FoundationalComplexity: 3/5Backend + Data/Infra

Authentication Block

A production-ready authentication building block for microservice architectures that enables multi-provider login (Cognito + Okta SSO) and stateless JWT verification via either a lightweight SDK or a containerized service.

01.

The Problem

Teams building distributed systems need a secure, consistent way to authenticate users across services without each team re-implementing auth logic. In practice, this becomes fragmented: different token checks, inconsistent provider integrations, duplicated security mistakes, and a high cost of change when identity providers evolve.

  • Microservices growth: Multiple services need to verify tokens consistently without duplicating auth code.
  • Provider complexity: Supporting both consumer auth (username/password) and enterprise SSO requires different flows and security considerations.
  • Migration & scale: Switching providers or adding new ones is costly when auth is embedded differently in every service.
02.

Intended Outcome

Key outcomes this block enables:

  • Consistent token verification across services, regardless of the identity provider.
  • Provider flexibility so products can support Cognito and enterprise SSO without re-architecture.
  • Fast, low-friction integration through either a service interface or an SDK.
03.

Scope & Boundaries

Handles
  • Stateless JWT verification with caching and key rotation support.
  • Multi-provider support (currently AWS Cognito and Okta SSO).
  • Two integration modes: REST API for language-agnostic usage and Python SDK for direct embedding and low-latency verification.
  • Production readiness surfaces such as health checks and structured logging.
Does Not Handle
  • Product-specific authorization rules (roles, entitlements, resource-level permissions).
  • UI/UX for login beyond enabling the auth flows (those remain product-owned).
04.

How it Works

At a high level, how does this building block operate? Core behavior flow:

1

User authenticates with an identity provider (Cognito or Okta SSO).

2

The user receives a JWT token from the provider.

3

A backend service receives requests containing that token.

4

The Authentication Block verifies the token by: Validating signature via provider keys (with caching), Confirming token integrity and validity (expiry, issuer, audience as configured).

5

The service receives verified claims and continues with business logic.

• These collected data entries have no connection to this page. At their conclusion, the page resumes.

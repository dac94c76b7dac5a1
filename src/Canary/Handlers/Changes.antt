-- ===== src/Canary/Handlers/Changes.antt =====
-- What one call of the handlers of canary_linux.go may do to a sound table of connections: write a
-- State back, remove its pointer, or add a State.
use dynamic_labyrinth.Base.{
  ℕ, ◌<◌, ◌≤◌, ◌≡◌, inl, inr, Bool, true, false, some, List, [], ◌∷◌, ◌++◌, length, set, arith,
  refl, ◌∙◌, ok, err, panic, if◌then◌else◌, length-set, length-append,
}
use dynamic_labyrinth.Canary.Types.{State}
use dynamic_labyrinth.Canary.StateTable.{Table, add}
use dynamic_labyrinth.Canary.StateTable.Search.{InTable}
use dynamic_labyrinth.Canary.StateTable.Slots.{add_cases}
use dynamic_labyrinth.Canary.Machine.{Proc}
use dynamic_labyrinth.Canary.Handlers.{Node, Report, Handled, apply_removes}
use dynamic_labyrinth.Canary.Handlers.Tables.{
  IsValid, apply_removes-Shrinks, InTable-set, IsDistinct-set,
}

-- `node'` is sound, has a table of the same size, and has lost no State.
pub record Kept (node node' : Node) : Type 0 where
  pub valid : IsValid node'
  pub size : length node'.table ≡ length node.table
  pub grows : length node.heap ≤ length node'.heap

-- Whatever the handler returns with is sound.
abbrev pub Preserves : Node → Handled → Type 0
Preserves node h = (node' : Node) (rs : List Report) → h ≡ ok (node', rs) → Kept node node'

pub Kept-trans : {a b c : Node} → Kept a b → Kept b c → Kept a c
Kept-trans r s = record {
  valid = s.valid;
  size = s.size ∙ r.size;
  grows = omega (arith, r.grows, s.grows);
}

pub Kept-refl : {node : Node} → IsValid node → Kept node node
Kept-refl v = record { valid = v; size = refl; grows = omega arith }

pub Preserves-same :
    (node : Node) (rs : List Report) → IsValid node → Preserves node (ok (node, rs))
Preserves-same node rs v node' rs' q = let e : node ≡ node' = cc q in rw (← e) (Kept-refl v)

pub Preserves-err : (node : Node) → Preserves node (err tt)
Preserves-err node node' rs q = cc

pub Preserves-panic : (node : Node) → Preserves node panic
Preserves-panic node node' rs q = cc

pub Preserves-if :
    (node : Node) (b : Bool) (x y : Handled)
    → Preserves node x
    → Preserves node y
    → Preserves node (if b then x else y)
Preserves-if node true x y h k = h
Preserves-if node false x y h k = k

-- A State written back, and the pointers removed.
pub written_back :
    (node : Node) (p : ℕ) (proc : Proc)
    → IsValid node
    → Kept node (record {
      heap = set node.heap p proc.state;
      table = apply_removes p proc.effects node.table;
    })
written_back node p proc v =
    let r = apply_removes-Shrinks p proc.effects node.table in
    let l = length-set node.heap p proc.state in
    record {
      valid = record {
        distinct = r.distinct v.distinct;
        within = λ q m. rw l (v.within q (r.subset q m));
      };
      size = r.size;
      grows = omega (arith, l);
    }

fresh : (node : Node) → IsValid node → ¬ InTable (length node.heap) node.table
fresh node v m = let lt = v.within (length node.heap) m in absurd (omega arith)

set_within :
    (node : Node) (s : State) (i : ℕ)
    → IsValid node
    → (q : ℕ) → InTable q (set node.table i (some (length node.heap)))
    → q < length (node.heap ++ (s ∷ []))
set_within node s i v q m =
    let l = length-append node.heap (s ∷ []) in
    elim (InTable-set i (length node.heap) q node.table m) [
      | inl e ↦ omega arith
      | inr m' ↦ let lt = v.within q m' in omega arith
    ]

-- The pointer to a State just made, in some slot.
placed :
    (node : Node) (s : State) (i : ℕ)
    → IsValid node
    → Kept node (record {
      heap = node.heap ++ (s ∷ []);
      table = set node.table i (some (length node.heap));
    })
placed node s i v = record {
  valid = record {
    distinct = IsDistinct-set i (length node.heap) node.table (fresh node v) v.distinct;
    within = set_within node s i v;
  };
  size = length-set node.table i (some (length node.heap));
  grows = omega (arith, length-append node.heap (s ∷ []));
}

-- The table that `Add` leaves for a State just made.
pub added :
    (node : Node) (s : State) (now : ℕ) (table : Table)
    → IsValid node
    → add (node.heap ++ (s ∷ [])) now (length node.heap) node.table ≡ ok table
    → Kept node (record { heap = node.heap ++ (s ∷ []); table = table })
added node s now table v q =
    let at_place : (t : Table) (i : ℕ)
        → add (node.heap ++ (s ∷ [])) now (length node.heap) node.table ≡ ok t
        → t ≡ set node.table i (some (length node.heap))
        → Kept node (record { heap = node.heap ++ (s ∷ []); table = table }) =
      λ t i e r.
        let same : table ≡ set node.table i (some (length node.heap)) = cc (q, e, r) in
        rw same (placed node s i v) in
    elim (add_cases (node.heap ++ (s ∷ [])) now (length node.heap) node.table) [
      | inl (t, e, r) ↦ at_place t r.place e r.result
      | inr (inl (_, (t, e, r))) ↦ at_place t r.place e r.result
      | inr (inr (_, _, e)) ↦ cc (q, e)
    ]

SDK Mode: The service verifies tokens locally using the Python SDK.
Container Service Mode: Services call the verification endpoint over HTTP.
05.

System Interaction

Placement & Triggers

  • Sits at the boundary of protected services, close to request handling.
  • Works alongside gateways or BFF layers, but does not require them.
  • Standardizes identity verification so downstream services can focus on business logic.

Supported Architectures

Frontend → IdP → API Gateway/BFF → MicroservicesBackend-to-backend service calls with shared token validation behaviorMobile and multi-tenant setups where providers may vary
06.

Experience Surface

This block is mostly invisible to end users. Its effect is experienced indirectly through: Consistent login success/failure behavior, Predictable session and access validation across services, Reduced “random auth errors” caused by inconsistent token handling. In enterprise contexts, it enables the product to support SSO flows without custom auth logic per service.

07.

Design Assets

Available Resources

This building block is primarily backend-facing, so UI assets are optional. Auth Status Banner (optional) Purpose: A minimal pattern for showing “signed in / session expired” states consistently. Key elements: status label, refresh action, support link.

08.

When to use

You have multiple services that need consistent authentication behavior.
You support both consumer login and enterprise SSO (or plan to).
You want a clean path to add providers over time without rewriting auth across services.
You want teams to integrate auth quickly without becoming identity specialists.
09.

Risks & Guidelines

Common Risks
  • Treating token verification as authorization (“JWT valid” ≠ “user can do this action”).
  • Mixing integration modes inconsistently across services without clear ownership.
  • Overexposing optional endpoints that aren’t required for a given product surface.
Safety Guidelines
  • Keep authorization decisions in the product domain; use the block only for identity verification.
  • Establish a standard integration mode by context (SDK for internal services, REST for heterogeneous stacks).
  • Use feature flags and least-privilege exposure for optional endpoints.
11.

How to Measure Success

How will we know this pattern is strengthening trust?

North Star Metric

North Star

Token Verification Success Rate: percentage of verification attempts that return a valid, verified result (excluding intentionally invalid tokens).

Verification Latency

Measures how fast token verification completes. Useful to validate the “fast path” promise, especially in SDK mode vs service mode.

Verification Failure Breakdown

Counts failures by reason category (expired token, invalid signature, issuer/audience mismatch, missing token, malformed token).

Provider Mix Over Time

Percentage of verified tokens by provider (Cognito vs Okta).